Внезапно сделавшись серьезным, вновь перешел с балачки на чистейший русский язык.
– За это не беспокойся. В самое ближайшее время я встречусь с генералом Красновым и думаю, что устраню все разногласия между ними. – Генерал затянулся и выпустил облако дыма. – Ты пойми, Иван Никитич, нам нужно вырвать казаков из рук немцев во что бы то ни стало! Тогда мы сможем продолжить свою войну за освобождение России. Гражданская война еще не закончилась.

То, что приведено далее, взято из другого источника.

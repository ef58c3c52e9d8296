-- ===== src/Probe/DeviceTree.antt =====
-- A reader of flattened device trees, by the Devicetree Specification, and what it reads of the device
-- tree of the Linux contract test (hw_bringup/ps_uart_probe_sbi.c).
use zynq_cpu.Base.{
  ℕ, zero, suc, ◌+◌, ◌*◌, ◌/◌, ◌%◌, ◌^◌, ◌<◌, ◌≡◌, refl, ap, ◌∙◌, Store, leb, codes, ◌==◌, ◌&&◌,
  if◌then◌else◌, true, false, List, [], ◌∷◌, ◌++◌, length, Option, none, some, arith,
}
use zynq_cpu.Console.Writer.{char_at}
use zynq_cpu.Probe.Contract.{device_tree}

-- The byte at an offset of a list of words of which each is stored from its low byte on.
abbrev byte_at : List ℕ → ℕ → ℕ
byte_at words off = char_at words (off / 4) / 256 ^ (off % 4) % 256

-- A cell of the tree, its high byte first.
abbrev cell_at : List ℕ → ℕ → ℕ
cell_at words off =
    ((byte_at words off * 256 + byte_at words (off + 1)) * 256 + byte_at words (off + 2)) * 256
    + byte_at words (off + 3)

-- The string at an offset, up to its zero.
unfoldable string_at : ℕ → List ℕ → ℕ → List ℕ
string_at zero words off = []
string_at (suc n) words off =
    let rest = string_at n words (off + 1) in
    if byte_at words off == 0 then [] else byte_at words off ∷ rest

-- The cells of a property of `n` words.
unfoldable cells_at : ℕ → List ℕ → ℕ → List ℕ
cells_at zero words off = []
cells_at (suc n) words off = cell_at words off ∷ cells_at n words (off + 4)

-- Rounded up to a multiple of 4.
abbrev padded : ℕ → ℕ
padded n = (n + 3) / 4 * 4

-- What the structure block has: a node opens, with its name, or closes; a property has a name and cells.
pub data Item : Type 0 where
  opens : List ℕ → Item
  closes : Item
  property : List ℕ → List ℕ → Item

-- The item at an offset of the structure block, and the offset behind it.
unfoldable one_item : List ℕ → ℕ → ℕ → Option (List Item × ℕ)
one_item words strings off =
    let token = cell_at words off in
    let name = string_at 32 words (off + 4) in
    let len = cell_at words (off + 4) in
    if token == 1
    then some (opens name ∷ [], off + 4 + padded (length name + 1))
    else if token == 2
    then some (closes ∷ [], off + 4)
    else if token == 3
    then some (
      property (string_at 32 words (strings + cell_at words (off + 8)))
            (cells_at (len / 4) words (off + 12))
          ∷ [],
      off + 12 + padded len,
    )
    else if token == 4
    then some ([], off + 4)
    else none

abbrev prepend : List Item → Option (List Item) → Option (List Item)
prepend items none = none
prepend items (some later) = some (items ++ later)

-- The items up to the end token, at most `n` tokens.
unfoldable read_items : ℕ → List ℕ → ℕ → ℕ → Option (List Item)
read_items zero words strings off = none
read_items (suc n) words strings off = elim (cell_at words off == 9) [
  | true ↦ some []
  | false ↦ elim (one_item words strings off) [
    | none ↦ none
    | some (items, next) ↦ prepend items (read_items n words strings next)
  ]
]

-- A tree in `words`: the magic number, the size, a version that is compatible with 17, and the items.
unfoldable pub read_tree : List ℕ → Option (List Item)
unfolding read_items one_item string_at cells_at
read_tree words =
    if cell_at words 0 == 0xD00DFEED
      && (leb (cell_at words 4) (length words * 4)
          && (leb 17 (cell_at words 20) && leb (cell_at words 24) 17))
    then read_items (length words) words (cell_at words 12) (cell_at words 8)
    else none

-- Memory at an address, `n` words.
abbrev pub words_from : Store → ℕ → ℕ → List ℕ
words_from m a zero = []
words_from m a (suc n) = m a ∷ words_from m (a + 4) n

-- The word at a place of the tree, from what stands there before.
abbrev pub tree_word : List (ℕ × ℕ) → ℕ → ℕ → ℕ
tree_word [] i old = old
tree_word ((j, w) ∷ words) i old = tree_word words i (if i == j then w else old)

abbrev pub words_placed : ℕ → ℕ → List ℕ
words_placed i zero = []
words_placed i (suc n) = tree_word device_tree i 0 ∷ words_placed (i + 1) n

abbrev pub memory_tree : List Item
memory_tree =
    opens []
    ∷ property (codes "#address-cells") (1 ∷ [])
    ∷ property (codes "#size-cells") (1 ∷ [])
    ∷ opens (codes "memory@80000000")
    ∷ property (codes "reg") (0x80000000 ∷ 0x40000000 ∷ [])
    ∷ closes
    ∷ closes
    ∷ []

pub read_tree-placed : read_tree (words_placed 0 64) ≡ some memory_tree
unfolding read_tree read_items one_item string_at cells_at
read_tree-placed = refl

pub words_from-placed :
    (m : Store) (a n i : ℕ)
    → ((k : ℕ) → k < n → m (a + k * 4) ≡ tree_word device_tree (i + k) 0)
    → words_from m a n ≡ words_placed i n
words_from-placed m a zero i each = refl
words_from-placed m a (suc n) i each =
    let at : a ≡ a + 0 * 4 = omega arith in
    let first : m a ≡ tree_word device_tree i 0 =
      let first_place : i + 0 ≡ i = omega arith in
      ap m at ∙ each 0 (omega arith) ∙ ap (λ j. tree_word device_tree j 0) first_place in
    let later : words_from m (a + 4) n ≡ words_placed (i + 1) n =
      words_from-placed m (a + 4) n (i + 1) (λ k lt.
        let next : a + 4 + k * 4 ≡ a + suc k * 4 = omega arith in
        let next_place : i + suc k ≡ i + 1 + k = omega arith in
        ap m next ∙ each (suc k) (omega arith) ∙ ap (λ j. tree_word device_tree j 0) next_place) in
    cc (first, later)
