-- ===== src/Probe/Arrays.antt =====
-- The arrays that the smoke tests fill (hw_bringup/ps_uart_probe_cpu.c, ps_uart_probe_sbi.c).
use zynq_cpu.Base.{
  ℕ, zero, suc, ◌+◌, ◌*◌, ◌≤◌, ◌<◌, ◌≡◌, ◌⊎◌, inl, refl, ap, ◌∙◌, Store, update, ◌==◌,
  if◌then◌else◌, List, [], ◌∷◌, length, map, arith,
}
use zynq_cpu.Console.Writer.{char_at}
use zynq_cpu.Boot.Words.{write_all}
use zynq_cpu.Probe.{zeros_at, words_at}
use zynq_cpu.Probe.Started.{Untouched, write_all-Untouched}
use zynq_cpu.Probe.DeviceTree.{tree_word}

pub zeros_at-Untouched :
    (a base n : ℕ) → (a < base) ⊎ (base + n * 4 ≤ a) → Untouched a (zeros_at base n)
zeros_at-Untouched a base zero apart = tt
zeros_at-Untouched a base (suc n) apart =
    (ground (arith, apart), zeros_at-Untouched a (base + 4) n (ground (arith, apart)))

pub words_at-Untouched :
    (a base : ℕ) (ws : List ℕ)
    → (a < base) ⊎ (base + length ws * 4 ≤ a)
    → Untouched a (words_at base ws)
words_at-Untouched a base [] apart = tt
words_at-Untouched a base (w ∷ ws) apart =
    (ground (arith, apart), words_at-Untouched a (base + 4) ws (ground (arith, apart)))

pub update_at : (a v b : ℕ) (m : Store) → b ≡ a → update a v m b ≡ v
unfolding update
update_at a v b m e = ground arith

update_place :
    (base offset j w k : ℕ) (m : Store)
    → update (base + (offset + j) * 4) w m (base + (offset + k) * 4)
      ≡ (if k == j then w else m (base + (offset + k) * 4))
unfolding update
update_place base offset j w k m = ground arith

pub write_all-zeros_at :
    (base n k : ℕ) (m : Store) → k < n → write_all (zeros_at base n) m (base + k * 4) ≡ 0
unfolding write_all update
write_all-zeros_at base zero k m lt = absurd (omega arith)
write_all-zeros_at base (suc n) zero m lt =
    write_all-Untouched (base + 0 * 4) (zeros_at (base + 4) n) (update base 0 m)
      (zeros_at-Untouched (base + 0 * 4) (base + 4) n (inl (omega arith)))
    ∙ update_at base 0 (base + 0 * 4) m (omega arith)
write_all-zeros_at base (suc n) (suc k) m lt =
    let at : base + suc k * 4 ≡ base + 4 + k * 4 = omega arith in
    ap (write_all (zeros_at (base + 4) n) (update base 0 m)) at
    ∙ write_all-zeros_at (base + 4) n k (update base 0 m) (omega arith)

pub write_all-words_at :
    (base k : ℕ) (ws : List ℕ) (m : Store)
    → k < length ws
    → write_all (words_at base ws) m (base + k * 4) ≡ char_at ws k
unfolding write_all
write_all-words_at base k [] m lt = absurd (omega arith)
write_all-words_at base zero (w ∷ ws) m lt =
    write_all-Untouched (base + 0 * 4) (words_at (base + 4) ws) (update base w m)
      (words_at-Untouched (base + 0 * 4) (base + 4) ws (inl (omega arith)))
    ∙ update_at base w (base + 0 * 4) m (omega arith)
write_all-words_at base (suc k) (w ∷ ws) m lt =
    let at : base + suc k * 4 ≡ base + 4 + k * 4 = omega arith in
    ap (write_all (words_at (base + 4) ws) (update base w m)) at
    ∙ write_all-words_at (base + 4) k ws (update base w m) (omega arith)

-- Words that are put at places of an array.
pub write_all-placed :
    (base offset k : ℕ) (ws : List (ℕ × ℕ)) (m : Store)
    → write_all
        (map (λ (w : ℕ × ℕ). (base + (offset + w.0) * 4, w.1)) ws)
        m
        (base + (offset + k) * 4)
      ≡ tree_word ws k (m (base + (offset + k) * 4))
unfolding write_all
write_all-placed base offset k [] m = refl
write_all-placed base offset k ((j, w) ∷ ws) m =
    write_all-placed base offset k ws (update (base + (offset + j) * 4) w m)
    ∙ ap (tree_word ws k) (update_place base offset j w k m)
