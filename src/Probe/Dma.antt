-- ===== src/Probe/Dma.antt =====
-- The tests of the DataMover (hw_bringup/ps_uart_probe_dma.c): a loopback that the PS drives itself, one by
-- the program that the PL CPU comes up with, and one by a program that is loaded. A word of an array in DDR
-- is read and written like a register.
use zynq_cpu.Base.{
  ℕ, zero, suc, ◌+◌, ◌*◌, Store, update, add32, mul32, for_range, bit_or, ◌==◌, ◌&&◌, if◌then◌else◌,
  Bool, true, List, [], ◌∷◌, ◌++◌,
}
use zynq_cpu.Bridge.{tx_scratch}
use zynq_cpu.Mailbox.{dma_status, mail_status, wait_for_dma, wait_for_cpu}
use zynq_cpu.Loader.{load_zx32_elf_into_imem, Loaded, fail, loaded}
use zynq_cpu.Boot.Words.{cpu_ctrl, reset_vector, write_all, count_errors}
use zynq_cpu.Probe.Registers.Mail.{
  mail_start, mail_src, mail_dst, mail_len, mail_mm2s_status, mail_s2mm_status, mail_copied,
}
use zynq_cpu.Probe.{Bench, Firmware, status_pass}

abbrev pub dma_ctrl : ℕ
dma_ctrl = 0x43C20000 + 0x00

abbrev pub dma_ddr_addr : ℕ
dma_ddr_addr = 0x43C20000 + 0x08

abbrev pub dma_local : ℕ
dma_local = 0x43C20000 + 0x0C

abbrev pub dma_len : ℕ
dma_len = 0x43C20000 + 0x10

abbrev pub dma_tag : ℕ
dma_tag = 0x43C20000 + 0x14

abbrev pub rx_scratch : ℕ
rx_scratch = 0x43C20000 + 0x1000

abbrev pub dma_words : ℕ
dma_words = 16

abbrev pub mm2s_done : ℕ
mm2s_done = 0x00000004

abbrev pub s2mm_done : ℕ
s2mm_done = 0x00000008

abbrev pub mm2s_err : ℕ
mm2s_err = 0x00000010

abbrev pub s2mm_err : ℕ
s2mm_err = 0x00000020

abbrev pub clear_done_err : ℕ
clear_done_err = 0x0000003C

abbrev pub start_magic : ℕ
start_magic = 0x43505521

-- The word that an array of a test has at `i`, by the top byte of the test.
abbrev pub pattern : ℕ → ℕ → ℕ
pattern top i = bit_or (bit_or top (mul32 i 0x00010101)) i

-- The writes of the pattern to a source, and of zeros to a destination.
abbrev pub fill_writes : ℕ → ℕ → ℕ → ℕ → ℕ → List (ℕ × ℕ)
fill_writes top src dst i zero = []
fill_writes top src dst i (suc n) =
    (src + i * 4, pattern top i) ∷ (dst + i * 4, 0) ∷ fill_writes top src dst (i + 1) n

-- The writes that set a transfer off: the array in DDR, and the direction with its tag.
abbrev pub transfer : ℕ → ℕ → ℕ → List (ℕ × ℕ)
transfer ddr tag ctrl =
    (dma_status, clear_done_err)
    ∷ (dma_ddr_addr, ddr)
    ∷ (dma_local, 0)
    ∷ (dma_len, dma_words * 4)
    ∷ (dma_tag, tag)
    ∷ (dma_ctrl, ctrl)
    ∷ []

-- What the mailbox asks of the PL CPU: the two arrays and their length.
abbrev pub request : ℕ → ℕ → List (ℕ × ℕ)
request src dst =
    (mail_start, 0)
    ∷ (mail_status, 0)
    ∷ (mail_mm2s_status, 0)
    ∷ (mail_s2mm_status, 0)
    ∷ (mail_copied, 0)
    ∷ (mail_src, src)
    ∷ (mail_dst, dst)
    ∷ (mail_len, dma_words * 4)
    ∷ []

module _ {D : Type 0} (in32 : ℕ → D → ℕ × D) (out32 : ℕ → ℕ → D → D) where
  unfoldable pub out_all : List (ℕ × ℕ) → D → D
  out_all [] d = d
  out_all ((a, v) ∷ writes) d = out_all writes (out32 a v d)

  -- The words from number `i` on that differ, added to `mismatches`.
  unfoldable pub count_mismatches : ℕ → ℕ → ℕ → ℕ → ℕ → D → ℕ × D
  count_mismatches src dst i zero mismatches d = (mismatches, d)
  count_mismatches src dst i (suc n) mismatches d =
      let w = in32 (dst + i * 4) d in
      let v = in32 (src + i * 4) w.1 in
      count_mismatches src dst (i + 1) n (if w.0 == v.0 then mismatches else add32 mismatches 1) v.1

  -- A word of the received data is sent back.
  unfoldable pub copy_word : ℕ → D → D
  copy_word i d = let r = in32 (rx_scratch + i * 4) d in out32 (tx_scratch + i * 4) r.0 r.1

  -- The negated result code, and the machine afterwards.
  abbrev pub judge_copy : ℕ × D → ℕ × D
  judge_copy (mismatches, d) = (if mismatches == 0 then 0 else 3, d)

  abbrev pub after_s2mm : ℕ → ℕ → ℕ × ℕ × D → ℕ × D
  after_s2mm src dst (code, status, d) =
      let r = count_mismatches src dst 0 dma_words 0 d in if code == 0 then judge_copy r else (2, d)

  abbrev pub after_mm2s : ℕ → ℕ → ℕ × ℕ × D → ℕ × D
  after_mm2s src dst (code, status, d) =
      let d1 = out_all (transfer dst 2 2) (for_range dma_words 0 copy_word d) in
      let r = after_s2mm src dst (wait_for_dma in32 s2mm_done s2mm_err d1) in
      if code == 0 then r else (1, d)

  unfoldable pub run_datamover_loopback : ℕ → ℕ → D → ℕ × D
  run_datamover_loopback src dst d =
      let d1 = out_all (fill_writes 0x5A000000 src dst 0 dma_words) d in
      let d2 = out_all (transfer src 1 1) d1 in
      after_mm2s src dst (wait_for_dma in32 mm2s_done mm2s_err d2)

  -- What the PL CPU reports in the end: the words copied, and the mismatches that the PS finds.
  unfoldable pub read_report : ℕ → ℕ → D → ℕ × ℕ × D
  read_report src dst d =
      let mm2s = in32 mail_mm2s_status d in
      let s2mm = in32 mail_s2mm_status mm2s.1 in
      let copied = in32 mail_copied s2mm.1 in
      let r = count_mismatches src dst 0 dma_words 0 copied.1 in (copied.0, r.0, r.1)

  abbrev pub judge_report : ℕ → Bool → ℕ × ℕ × D → ℕ × D
  judge_report code verified (copied, mismatches, d) =
      (if copied == dma_words && (mismatches == 0 && verified) then 0 else code, d)

  abbrev pub after_cpu : ℕ → ℕ → ℕ → (ℕ → Bool) → ℕ × ℕ × D → ℕ × D
  after_cpu src dst code verified (failed, status, d) =
      let r = read_report src dst d in
      if failed == 0 then judge_report code (verified status) r else (1, d)

  unfoldable pub run_cpu_datamover_loopback : ℕ → ℕ → D → ℕ × D
  run_cpu_datamover_loopback src dst d =
      let d1 = out_all (fill_writes 0xC5000000 src dst 0 dma_words) d in
      let d2 = out_all (request src dst ++ ((mail_start, start_magic) ∷ [])) d1 in
      after_cpu src dst 2 (λ status. true) (wait_for_cpu in32 d2)

module _ {D : Type 0} (b : Bench D) (out32 : ℕ → ℕ → D → D) (firmware : Firmware)
    (src dst : ℕ) where
  -- The CPU is released, and then told to start. It is held again for the test after this one.
  unfoldable pub run_custom_loaded : Loaded → ℕ × Store
  run_custom_loaded (fail code m) = (1, m)
  run_custom_loaded (loaded words entry m) =
      let m' = update reset_vector entry m in
      let errors = count_errors firmware.program 0 m' 0 in
      let d = out32 mail_start start_magic (b.start (update cpu_ctrl 0 m')) in
      let verified = λ (status : ℕ). status == status_pass && errors == 0 in
      let r = after_cpu b.in32 out32 src dst 1 verified (wait_for_cpu b.in32 d) in (r.0, b.halt r.1)

  unfoldable pub run_cpu_custom_datamover_test : Store → ℕ × Store
  run_cpu_custom_datamover_test m =
      let m1 = write_all (fill_writes 0x6B000000 src dst 0 dma_words) m in
      let m2 = write_all ((cpu_ctrl, 1) ∷ request src dst) m1 in
      run_custom_loaded (load_zx32_elf_into_imem firmware.elf firmware.elf_size m2)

Мы еще вздернем эту суку Сталина на Красной площади.
Они проговорили почти до рассвета.
Утром генерала Шкуро провожали на вокзал. Он ехал с докладом к генералу Краснову, а потом в Казачий Стан.
– Поеду я, Иван Никитич. К Доманову еще надо заехать. Дивчина у меня там. Леной зовут. Ох и гарная же дивчина! А ты надейся и жди. Скоро все изменится! – сказал генерал Шкуро и по-отцовски обнял его. Расцеловались, и Шкуро сел в автомобиль.
Теснясь в воротах, сопровождающие казаки верхами выехали на улицу. Тронулись. Полковник Кононов взял под козырек и долго смотрел в след удаляющемуся конвою, пока кавалькада не скрылась вдали.
* * *
Однажды весенним утром командир эскадрона Щербаков с начальником штаба рано утром отбыли в штаб полка и заночевали там, оставив за себя командира первого взвода Нестеренко. Нестеренко был лихой казак. Но такой же и отчаянный гуляка. Днем он захватил партизанский обоз, на телегах которого стояло несколько бочек ракии. И большинство казаков, пользуясь отсутствием командира эскадрона, загуляло.